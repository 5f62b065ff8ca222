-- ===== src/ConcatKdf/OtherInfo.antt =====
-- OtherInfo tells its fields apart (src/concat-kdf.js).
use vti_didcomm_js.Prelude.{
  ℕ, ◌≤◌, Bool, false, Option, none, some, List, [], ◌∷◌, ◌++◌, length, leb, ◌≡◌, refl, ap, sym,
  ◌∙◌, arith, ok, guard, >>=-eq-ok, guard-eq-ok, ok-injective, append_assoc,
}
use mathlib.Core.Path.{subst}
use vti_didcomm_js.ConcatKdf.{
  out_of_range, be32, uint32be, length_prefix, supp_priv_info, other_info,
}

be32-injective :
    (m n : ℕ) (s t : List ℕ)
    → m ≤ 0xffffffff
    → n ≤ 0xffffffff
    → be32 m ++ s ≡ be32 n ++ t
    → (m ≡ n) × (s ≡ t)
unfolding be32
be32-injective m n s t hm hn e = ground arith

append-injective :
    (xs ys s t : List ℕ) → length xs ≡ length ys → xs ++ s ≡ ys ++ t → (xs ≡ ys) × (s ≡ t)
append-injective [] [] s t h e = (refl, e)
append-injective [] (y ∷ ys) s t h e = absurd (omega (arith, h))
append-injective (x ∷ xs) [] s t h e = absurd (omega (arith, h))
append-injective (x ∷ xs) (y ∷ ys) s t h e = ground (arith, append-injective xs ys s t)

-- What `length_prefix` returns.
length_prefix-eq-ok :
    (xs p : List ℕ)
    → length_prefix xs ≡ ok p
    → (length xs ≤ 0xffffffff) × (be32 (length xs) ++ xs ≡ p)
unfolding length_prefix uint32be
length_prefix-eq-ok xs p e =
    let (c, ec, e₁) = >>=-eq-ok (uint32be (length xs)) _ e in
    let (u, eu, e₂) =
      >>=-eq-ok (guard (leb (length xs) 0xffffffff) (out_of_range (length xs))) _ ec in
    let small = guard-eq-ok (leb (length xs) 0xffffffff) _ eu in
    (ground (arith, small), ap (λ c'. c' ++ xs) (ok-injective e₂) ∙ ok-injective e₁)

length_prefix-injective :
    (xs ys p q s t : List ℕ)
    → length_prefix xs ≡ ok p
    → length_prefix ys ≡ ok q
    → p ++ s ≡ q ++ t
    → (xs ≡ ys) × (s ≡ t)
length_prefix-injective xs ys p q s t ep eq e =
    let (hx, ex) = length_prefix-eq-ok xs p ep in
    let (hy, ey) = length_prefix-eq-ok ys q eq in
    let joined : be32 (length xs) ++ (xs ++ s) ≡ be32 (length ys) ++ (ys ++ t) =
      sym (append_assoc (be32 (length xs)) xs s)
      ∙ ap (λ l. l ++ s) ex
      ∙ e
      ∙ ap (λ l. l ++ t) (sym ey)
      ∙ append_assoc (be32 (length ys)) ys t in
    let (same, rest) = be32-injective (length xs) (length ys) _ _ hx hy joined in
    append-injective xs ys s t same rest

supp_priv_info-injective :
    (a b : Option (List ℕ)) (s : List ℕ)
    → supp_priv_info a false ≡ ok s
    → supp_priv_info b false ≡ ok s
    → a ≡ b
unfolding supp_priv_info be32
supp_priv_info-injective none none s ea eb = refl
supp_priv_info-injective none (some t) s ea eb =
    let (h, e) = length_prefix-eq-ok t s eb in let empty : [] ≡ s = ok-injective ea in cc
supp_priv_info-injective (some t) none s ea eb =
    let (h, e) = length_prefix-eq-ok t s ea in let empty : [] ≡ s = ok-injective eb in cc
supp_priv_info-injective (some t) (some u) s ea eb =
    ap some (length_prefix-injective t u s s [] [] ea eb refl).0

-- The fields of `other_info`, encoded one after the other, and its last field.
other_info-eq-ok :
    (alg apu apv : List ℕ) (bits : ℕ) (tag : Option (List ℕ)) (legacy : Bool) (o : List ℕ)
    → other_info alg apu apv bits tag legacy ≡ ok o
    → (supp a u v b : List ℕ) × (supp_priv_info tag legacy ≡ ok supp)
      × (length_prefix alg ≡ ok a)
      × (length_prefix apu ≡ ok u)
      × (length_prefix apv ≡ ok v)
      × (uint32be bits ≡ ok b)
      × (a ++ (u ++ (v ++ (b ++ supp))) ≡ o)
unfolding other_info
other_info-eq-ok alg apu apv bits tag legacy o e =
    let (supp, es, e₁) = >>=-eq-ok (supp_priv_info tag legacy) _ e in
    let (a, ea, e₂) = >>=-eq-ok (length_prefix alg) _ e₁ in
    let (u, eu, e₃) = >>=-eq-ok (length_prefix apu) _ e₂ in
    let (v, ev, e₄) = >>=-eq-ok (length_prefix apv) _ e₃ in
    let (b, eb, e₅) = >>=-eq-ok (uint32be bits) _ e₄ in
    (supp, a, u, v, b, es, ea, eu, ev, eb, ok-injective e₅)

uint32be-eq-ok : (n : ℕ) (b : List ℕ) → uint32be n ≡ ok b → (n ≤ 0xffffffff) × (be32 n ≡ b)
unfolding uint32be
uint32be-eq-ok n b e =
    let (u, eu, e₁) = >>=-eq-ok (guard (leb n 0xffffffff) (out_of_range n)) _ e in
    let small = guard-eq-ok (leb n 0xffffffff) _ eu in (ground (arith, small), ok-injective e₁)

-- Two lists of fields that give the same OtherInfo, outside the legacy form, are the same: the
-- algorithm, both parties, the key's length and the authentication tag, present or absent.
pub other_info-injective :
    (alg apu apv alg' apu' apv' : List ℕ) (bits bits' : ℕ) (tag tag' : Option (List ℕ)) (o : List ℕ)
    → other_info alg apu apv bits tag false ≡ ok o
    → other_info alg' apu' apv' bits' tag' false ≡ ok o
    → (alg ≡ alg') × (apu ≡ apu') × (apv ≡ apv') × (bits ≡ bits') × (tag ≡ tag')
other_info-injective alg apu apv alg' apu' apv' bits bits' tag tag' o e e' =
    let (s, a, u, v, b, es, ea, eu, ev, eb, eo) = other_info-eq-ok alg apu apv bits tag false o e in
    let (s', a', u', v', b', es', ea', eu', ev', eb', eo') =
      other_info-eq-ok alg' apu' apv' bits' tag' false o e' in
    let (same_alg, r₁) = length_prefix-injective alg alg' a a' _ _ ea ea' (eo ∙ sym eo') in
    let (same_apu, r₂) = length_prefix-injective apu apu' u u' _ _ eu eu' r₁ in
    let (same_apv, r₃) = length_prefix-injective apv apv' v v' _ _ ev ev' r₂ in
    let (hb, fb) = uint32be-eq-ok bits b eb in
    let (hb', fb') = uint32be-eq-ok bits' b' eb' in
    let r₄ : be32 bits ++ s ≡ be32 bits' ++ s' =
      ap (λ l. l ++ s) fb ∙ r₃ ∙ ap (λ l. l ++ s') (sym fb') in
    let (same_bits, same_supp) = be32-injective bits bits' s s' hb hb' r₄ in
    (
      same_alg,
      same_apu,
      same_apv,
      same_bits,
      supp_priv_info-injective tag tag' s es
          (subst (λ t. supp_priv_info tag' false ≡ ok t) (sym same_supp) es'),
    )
...
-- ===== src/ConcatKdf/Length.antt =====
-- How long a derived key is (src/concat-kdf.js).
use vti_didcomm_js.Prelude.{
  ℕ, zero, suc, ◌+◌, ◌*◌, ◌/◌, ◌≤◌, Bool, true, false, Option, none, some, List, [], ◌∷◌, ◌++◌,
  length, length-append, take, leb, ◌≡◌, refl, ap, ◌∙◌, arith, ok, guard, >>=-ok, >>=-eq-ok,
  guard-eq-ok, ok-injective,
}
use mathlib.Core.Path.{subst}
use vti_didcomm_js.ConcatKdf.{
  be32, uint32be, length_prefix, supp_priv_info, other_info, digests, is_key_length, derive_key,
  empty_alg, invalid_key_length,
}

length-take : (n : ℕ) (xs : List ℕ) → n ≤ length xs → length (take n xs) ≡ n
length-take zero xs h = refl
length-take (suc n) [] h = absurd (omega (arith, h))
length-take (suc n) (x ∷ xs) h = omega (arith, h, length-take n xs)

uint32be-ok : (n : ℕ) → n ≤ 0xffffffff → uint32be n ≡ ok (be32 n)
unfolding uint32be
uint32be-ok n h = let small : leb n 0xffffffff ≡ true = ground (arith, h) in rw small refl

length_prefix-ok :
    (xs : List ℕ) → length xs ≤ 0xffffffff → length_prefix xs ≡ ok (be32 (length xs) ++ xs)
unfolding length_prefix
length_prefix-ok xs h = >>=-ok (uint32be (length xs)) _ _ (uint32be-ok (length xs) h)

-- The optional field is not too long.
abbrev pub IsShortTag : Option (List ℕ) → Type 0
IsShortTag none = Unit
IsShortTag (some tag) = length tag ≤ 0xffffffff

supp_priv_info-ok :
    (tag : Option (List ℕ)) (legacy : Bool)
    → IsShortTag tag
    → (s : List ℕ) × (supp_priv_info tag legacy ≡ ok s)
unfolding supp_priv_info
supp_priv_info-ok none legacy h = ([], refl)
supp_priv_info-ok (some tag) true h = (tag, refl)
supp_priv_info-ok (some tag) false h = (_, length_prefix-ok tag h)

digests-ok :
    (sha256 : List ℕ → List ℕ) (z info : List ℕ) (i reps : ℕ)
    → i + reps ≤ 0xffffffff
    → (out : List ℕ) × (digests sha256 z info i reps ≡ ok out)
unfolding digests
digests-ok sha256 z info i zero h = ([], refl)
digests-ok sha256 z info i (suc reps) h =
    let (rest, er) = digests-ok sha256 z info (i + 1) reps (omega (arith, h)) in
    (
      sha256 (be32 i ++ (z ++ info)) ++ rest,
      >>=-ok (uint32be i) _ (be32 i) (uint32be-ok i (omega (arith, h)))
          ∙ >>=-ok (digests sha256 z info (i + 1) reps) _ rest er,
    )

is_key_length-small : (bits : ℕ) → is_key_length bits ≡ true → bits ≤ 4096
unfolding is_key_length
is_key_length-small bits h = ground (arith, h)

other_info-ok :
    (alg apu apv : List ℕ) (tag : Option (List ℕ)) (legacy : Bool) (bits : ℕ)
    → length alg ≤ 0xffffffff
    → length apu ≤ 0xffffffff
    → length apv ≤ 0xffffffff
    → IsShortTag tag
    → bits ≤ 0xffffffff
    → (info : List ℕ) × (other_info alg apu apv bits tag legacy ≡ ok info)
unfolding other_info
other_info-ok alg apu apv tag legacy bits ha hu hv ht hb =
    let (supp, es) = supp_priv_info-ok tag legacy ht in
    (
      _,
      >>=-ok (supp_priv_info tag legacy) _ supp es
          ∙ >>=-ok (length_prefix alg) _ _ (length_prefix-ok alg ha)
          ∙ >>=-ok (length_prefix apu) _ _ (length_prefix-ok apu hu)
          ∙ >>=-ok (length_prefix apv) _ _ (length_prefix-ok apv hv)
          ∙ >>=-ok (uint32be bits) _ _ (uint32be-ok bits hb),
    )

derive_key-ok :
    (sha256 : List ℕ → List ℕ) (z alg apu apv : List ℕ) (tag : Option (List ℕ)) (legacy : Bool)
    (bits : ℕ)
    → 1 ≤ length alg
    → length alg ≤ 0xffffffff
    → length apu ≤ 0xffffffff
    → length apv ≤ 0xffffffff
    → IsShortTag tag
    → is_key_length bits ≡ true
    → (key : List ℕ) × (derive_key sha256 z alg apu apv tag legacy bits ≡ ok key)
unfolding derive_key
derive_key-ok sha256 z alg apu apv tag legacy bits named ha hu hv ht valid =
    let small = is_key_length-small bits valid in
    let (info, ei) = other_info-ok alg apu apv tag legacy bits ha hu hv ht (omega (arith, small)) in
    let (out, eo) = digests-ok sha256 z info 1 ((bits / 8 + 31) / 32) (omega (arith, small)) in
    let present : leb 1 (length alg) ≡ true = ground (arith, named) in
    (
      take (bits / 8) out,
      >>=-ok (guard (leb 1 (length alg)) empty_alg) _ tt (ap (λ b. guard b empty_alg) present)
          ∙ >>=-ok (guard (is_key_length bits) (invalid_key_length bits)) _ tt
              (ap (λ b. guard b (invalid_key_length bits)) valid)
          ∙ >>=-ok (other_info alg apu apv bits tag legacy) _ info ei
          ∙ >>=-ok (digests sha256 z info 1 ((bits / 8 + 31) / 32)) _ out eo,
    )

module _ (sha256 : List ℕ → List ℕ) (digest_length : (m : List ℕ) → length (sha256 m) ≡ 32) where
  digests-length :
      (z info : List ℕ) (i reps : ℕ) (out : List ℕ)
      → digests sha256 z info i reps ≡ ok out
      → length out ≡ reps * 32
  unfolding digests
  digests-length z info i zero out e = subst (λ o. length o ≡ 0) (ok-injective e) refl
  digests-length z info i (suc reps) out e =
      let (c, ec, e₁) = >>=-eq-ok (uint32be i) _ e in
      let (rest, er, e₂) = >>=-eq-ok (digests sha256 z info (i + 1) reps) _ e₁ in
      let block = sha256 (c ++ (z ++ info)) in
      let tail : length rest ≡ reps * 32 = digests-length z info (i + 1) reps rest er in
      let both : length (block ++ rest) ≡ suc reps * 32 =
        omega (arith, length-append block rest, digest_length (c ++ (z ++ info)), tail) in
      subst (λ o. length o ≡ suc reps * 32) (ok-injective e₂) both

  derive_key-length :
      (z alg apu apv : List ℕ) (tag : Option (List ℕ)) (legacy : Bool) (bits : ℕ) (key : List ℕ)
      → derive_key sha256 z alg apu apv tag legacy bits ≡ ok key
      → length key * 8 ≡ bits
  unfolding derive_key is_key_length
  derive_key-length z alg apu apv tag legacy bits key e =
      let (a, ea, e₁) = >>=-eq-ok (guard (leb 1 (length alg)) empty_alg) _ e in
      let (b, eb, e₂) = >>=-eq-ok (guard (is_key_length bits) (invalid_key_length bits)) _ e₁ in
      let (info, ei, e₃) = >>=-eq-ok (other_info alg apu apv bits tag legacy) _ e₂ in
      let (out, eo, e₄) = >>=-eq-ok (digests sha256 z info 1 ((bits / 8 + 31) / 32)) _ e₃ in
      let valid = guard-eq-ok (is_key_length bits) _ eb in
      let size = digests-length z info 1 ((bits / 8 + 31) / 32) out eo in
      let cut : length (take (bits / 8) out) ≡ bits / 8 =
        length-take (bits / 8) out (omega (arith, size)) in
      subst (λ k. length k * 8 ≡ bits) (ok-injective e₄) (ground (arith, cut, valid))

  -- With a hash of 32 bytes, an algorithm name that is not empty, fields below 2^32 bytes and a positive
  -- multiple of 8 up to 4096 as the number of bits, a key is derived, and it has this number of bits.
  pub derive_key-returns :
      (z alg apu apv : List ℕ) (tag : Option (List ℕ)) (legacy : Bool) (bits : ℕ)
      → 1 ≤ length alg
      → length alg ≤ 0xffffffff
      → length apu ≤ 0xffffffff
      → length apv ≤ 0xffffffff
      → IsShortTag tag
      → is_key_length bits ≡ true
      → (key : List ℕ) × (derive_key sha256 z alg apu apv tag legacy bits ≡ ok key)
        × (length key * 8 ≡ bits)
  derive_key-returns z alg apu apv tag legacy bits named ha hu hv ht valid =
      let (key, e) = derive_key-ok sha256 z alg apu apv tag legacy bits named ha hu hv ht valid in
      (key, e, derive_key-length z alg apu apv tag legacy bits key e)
---
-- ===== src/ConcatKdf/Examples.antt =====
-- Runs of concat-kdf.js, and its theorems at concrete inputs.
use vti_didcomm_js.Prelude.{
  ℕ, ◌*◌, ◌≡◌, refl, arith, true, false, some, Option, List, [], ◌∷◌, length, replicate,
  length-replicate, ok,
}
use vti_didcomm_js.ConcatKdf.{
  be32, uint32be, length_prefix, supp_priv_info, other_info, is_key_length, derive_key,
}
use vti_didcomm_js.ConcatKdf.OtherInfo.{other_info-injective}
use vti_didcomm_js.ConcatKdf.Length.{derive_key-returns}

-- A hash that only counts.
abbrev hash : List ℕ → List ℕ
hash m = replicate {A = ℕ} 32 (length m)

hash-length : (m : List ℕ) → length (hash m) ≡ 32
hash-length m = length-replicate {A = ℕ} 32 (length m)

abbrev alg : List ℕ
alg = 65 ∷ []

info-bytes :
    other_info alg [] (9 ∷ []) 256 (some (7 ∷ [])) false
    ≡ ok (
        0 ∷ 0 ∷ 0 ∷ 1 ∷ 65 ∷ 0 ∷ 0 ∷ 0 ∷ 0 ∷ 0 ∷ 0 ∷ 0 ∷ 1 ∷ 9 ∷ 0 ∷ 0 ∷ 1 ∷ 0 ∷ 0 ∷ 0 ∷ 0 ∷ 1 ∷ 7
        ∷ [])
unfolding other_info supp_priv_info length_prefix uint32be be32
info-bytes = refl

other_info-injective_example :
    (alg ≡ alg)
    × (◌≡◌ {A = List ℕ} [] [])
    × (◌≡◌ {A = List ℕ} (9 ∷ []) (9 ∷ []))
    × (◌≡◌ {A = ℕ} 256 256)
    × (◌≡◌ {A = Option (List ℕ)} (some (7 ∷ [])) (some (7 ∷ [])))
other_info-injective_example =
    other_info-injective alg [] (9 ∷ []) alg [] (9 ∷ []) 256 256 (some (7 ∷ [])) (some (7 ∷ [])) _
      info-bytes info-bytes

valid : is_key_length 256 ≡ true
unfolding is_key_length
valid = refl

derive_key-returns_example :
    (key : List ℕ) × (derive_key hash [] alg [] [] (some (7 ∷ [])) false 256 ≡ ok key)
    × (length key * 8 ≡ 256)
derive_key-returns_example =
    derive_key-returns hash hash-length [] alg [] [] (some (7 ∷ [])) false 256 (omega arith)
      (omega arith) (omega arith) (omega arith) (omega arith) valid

- [TASK TO COMPLETE]: Exactly one number should be given, showing how many lines of the material above contain the string "that".

- [ANSWER TO THE EXERCISE]: 3